*** Opening STORED DATA ***
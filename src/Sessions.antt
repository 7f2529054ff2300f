-- ===== src/Sessions.antt =====
-- web/controllers/web_session_registry.go: the devices that stay logged in, and the epochs by which
-- all sessions of a principal are revoked. A time is a number of seconds since 1970. The maps are
-- tables of Text/Table. What the file holds and whether it can be written come with each call as a
-- Disk; the order of sort.Slice is a parameter. The receiver is not nil.
pub mod Revoked
pub mod Bounded
use nps.Prelude.{
  ℕ, ◌+◌, ◌-◌, ◌%◌, ◌^◌, Option, none, some, List, [], ◌∷◌, Bool, true, false, ◌&&◌, ◌||◌, not, ltb,
  leb, ◌==◌, length, take, if◌then◌else◌,
}
use nps.Text.{Text, same, is_empty, trim_space}
use nps.Text.Table.{find, remove, put, keep, values}

-- webSessionRegistryLimit
abbrev pub device_limit : ℕ
device_limit = 10000

-- webSessionDeviceRecord
pub record Device : Type 0 where
  pub id : Text
  pub principal : Text
  pub username : Text
  pub user_id : ℕ
  pub client_id : ℕ
  pub ip : Text
  pub user_agent : Text
  pub created_at : ℕ
  pub last_seen_at : ℕ
  pub expires_at : ℕ
  pub epoch : ℕ

abbrev pub Devices : Type 0
Devices = List (Text × Device)

abbrev pub Epochs : Type 0
Epochs = List (Text × ℕ)

-- webSessionRegistry, where failed is a loadError
pub record Registry : Type 0 where
  pub loaded : Bool
  pub failed : Bool
  pub epochs : Epochs
  pub devices : Devices

-- What reading the file gives: there is no path, no file, an error of reading or decoding, or a
-- webSessionRegistryFile.
pub data Stored : Type 0 where
  nowhere missing broken : Stored
  holds : ℕ → Epochs → Devices → Stored

pub record Disk : Type 0 where
  pub content : Stored
  pub writable : Bool

pub data SessionError : Type 0 where
  unavailable full unsaved : SessionError

abbrev empty : Registry
empty = record { loaded = true; failed = false; epochs = []; devices = [] }

pub load : Stored → Registry × Bool
load nowhere = (empty, false)
load missing = (empty, true)
load broken = (record empty { failed = true }, false)
load (holds version epochs devices) =
    if version == 0 || version == 1
    then (record empty { epochs = epochs; devices = devices }, true)
    else (record empty { failed = true }, false)

-- ensureLoadedLocked: whether there is no error
unfoldable pub ensure_loaded : Disk → Registry → Registry × Bool
unfolding load
ensure_loaded disk s = if s.loaded then (s, not s.failed) else load disk.content

-- saveLocked
pub save : Disk → Option SessionError
save disk = if disk.writable then none else some unsaved

-- Go's descending order by a number is the caller's, as sort.Slice does not fix ties.
abbrev pub Order : Type 0
Order = List Device → List Device

abbrev pub is_live : ℕ → Device → Bool
is_live now d = ltb now d.expires_at

pub rebuild : List Device → Devices → Devices
rebuild [] m = m
rebuild (d ∷ ds) m = rebuild ds (put d.id d m)

-- cleanupLocked: the devices that are left, and whether any went
unfoldable pub cleanup : Order → ℕ → Devices → Devices × Bool
unfolding rebuild
cleanup by_expiry now m =
    let live = keep (is_live now) m in
    if ltb device_limit (length live)
    then (rebuild (take device_limit (by_expiry (values live))) [], true)
    else (live, ltb (length live) (length m))

abbrev pub epoch_of : Text → Epochs → ℕ
epoch_of principal epochs = elim (find principal epochs) [ none ↦ 0 | some e ↦ e ]

-- Epoch
unfoldable pub current_epoch : Disk → Registry → Text → Registry × ℕ
current_epoch disk s principal =
    let (s', fine) = ensure_loaded disk s in (s', if fine then epoch_of principal s'.epochs else 0)

-- SessionEpochValid
unfoldable pub session_epoch_valid : Disk → Registry → Text → ℕ → Registry × Bool
session_epoch_valid disk s principal epoch =
    let (s', fine) = ensure_loaded disk s in (s', fine && epoch == epoch_of principal s'.epochs)

-- Register
pub register_in : Disk → Device → Registry → Registry × Option SessionError
unfolding save
register_in disk d s =
    if leb device_limit (length s.devices)
    then (s, some full)
    else (record s { devices = put d.id d s.devices }, save disk)

unfoldable pub register : Disk → Order → ℕ → Registry → Device → Registry × Option SessionError
unfolding register_in
register disk by_expiry now s d =
    let (s', fine) = ensure_loaded disk s in
    if fine
    then register_in disk d (record s' { devices = (cleanup by_expiry now s'.devices).0 })
    else (s', some unavailable)

-- Validate
pub agrees : Text → ℕ → ℕ → Device → Bool
agrees principal epoch now d = same d.principal principal && d.epoch == epoch && is_live now d

touch : Text → ℕ → Device → Devices → Devices
touch id now d m =
    if leb 300 (now - d.last_seen_at) then put id (record d { last_seen_at = now }) m else m

pub validate_in : Text → Text → ℕ → ℕ → Registry → Option Device → Registry × Bool
unfolding agrees touch
validate_in id principal epoch now s none = (s, false)
validate_in id principal epoch now s (some d) =
    if agrees principal epoch now d
    then (record s { devices = touch id now d s.devices }, true)
    else (record s { devices = remove id s.devices }, false)

unfoldable pub validate : Disk → Registry → Text → Text → ℕ → ℕ → Registry × Bool
unfolding validate_in
validate disk s id principal epoch now =
    let (s', fine) = ensure_loaded disk s in
    if is_empty id
    then (s, epoch == 0)
    else if fine
    then validate_in id principal epoch now s' (find id s'.devices)
    else (s', false)

-- List, where the second order is by the last visit
unfoldable pub list_devices :
    Disk → Order → Order → ℕ → Registry → Text → Registry × Option (List Device)
list_devices disk by_expiry by_visit now s principal =
    let (s', fine) = ensure_loaded disk s in
    let left = (cleanup by_expiry now s'.devices).0 in
    if fine
    then (
      record s' { devices = left },
      some (by_visit (values (keep (λ d. same d.principal principal) left))),
    )
    else (s', none)

-- Revoke: the state, whether there was such a device, and the error
pub revoke_in :
    Disk → Text → Text → Registry → Option Device → Registry × Bool × Option SessionError
unfolding save
revoke_in disk principal id s none = (s, false, none)
revoke_in disk principal id s (some d) =
    if same d.principal principal
    then (record s { devices = remove id s.devices }, true, save disk)
    else (s, false, none)

unfoldable pub revoke : Disk → Registry → Text → Text → Registry × Bool × Option SessionError
unfolding revoke_in
revoke disk s principal id =
    let (s', fine) = ensure_loaded disk s in
    if is_empty (trim_space id)
    then (s, false, none)
    else if fine
    then revoke_in disk principal id s' (find id s'.devices)
    else (s', false, some unavailable)

-- The next epoch: a uint64 that skips 0 when it wraps around
unfoldable pub next_epoch : ℕ → ℕ
next_epoch e = if (e + 1) % 2 ^ 64 == 0 then 1 else (e + 1) % 2 ^ 64

-- RevokeAll: the state, how many devices went, the new epoch, and the error
pub revoke_all_in : Disk → Text → Registry → Registry × ℕ × ℕ × Option SessionError
unfolding save next_epoch
revoke_all_in disk principal s =
    let others = keep (λ d. not (same d.principal principal)) s.devices in
    let epoch = next_epoch (epoch_of principal s.epochs) in
    (
      record s { devices = others; epochs = put principal epoch s.epochs },
      length s.devices - length others,
      epoch,
      save disk,
    )

unfoldable pub revoke_all :
    Disk → Order → ℕ → Registry → Text → Registry × ℕ × ℕ × Option SessionError
unfolding revoke_all_in
revoke_all disk by_expiry now s principal =
    let (s', fine) = ensure_loaded disk s in
    if fine
    then revoke_all_in disk principal (record s' { devices = (cleanup by_expiry now s'.devices).0 })
    else (s', 0, 0, some unavailable)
*** Closing STORED DATA ***
TASK ITEM
Starting at the line that contains "Disk → Order → Order" and stopping after the line that contains "next_epoch e = if", write out every line exactly as it appears above, and no other line.

SOLVED EXERCISE
    Disk → Order → Order → ℕ → Registry → Text → Registry × Option (List Device)
list_devices disk by_expiry by_visit now s principal =
    let (s', fine) = ensure_loaded disk s in
    let left = (cleanup by_expiry now s'.devices).0 in
    if fine
    then (
      record s' { devices = left },
      some (by_visit (values (keep (λ d. same d.principal principal) left))),
    )
    else (s', none)

-- Revoke: the state, whether there was such a device, and the error
pub revoke_in :
    Disk → Text → Text → Registry → Option Device → Registry × Bool × Option SessionError
unfolding save
revoke_in disk principal id s none = (s, false, none)
revoke_in disk principal id s (some d) =
    if same d.principal principal
    then (record s { devices = remove id s.devices }, true, save disk)
    else (s, false, none)

unfoldable pub revoke : Disk → Registry → Text → Text → Registry × Bool × Option SessionError
unfolding revoke_in
revoke disk s principal id =
    let (s', fine) = ensure_loaded disk s in
    if is_empty (trim_space id)
    then (s, false, none)
    else if fine
    then revoke_in disk principal id s' (find id s'.devices)
    else (s', false, some unavailable)

-- The next epoch: a uint64 that skips 0 when it wraps around
unfoldable pub next_epoch : ℕ → ℕ
next_epoch e = if (e + 1) % 2 ^ 64 == 0 then 1 else (e + 1) % 2 ^ 64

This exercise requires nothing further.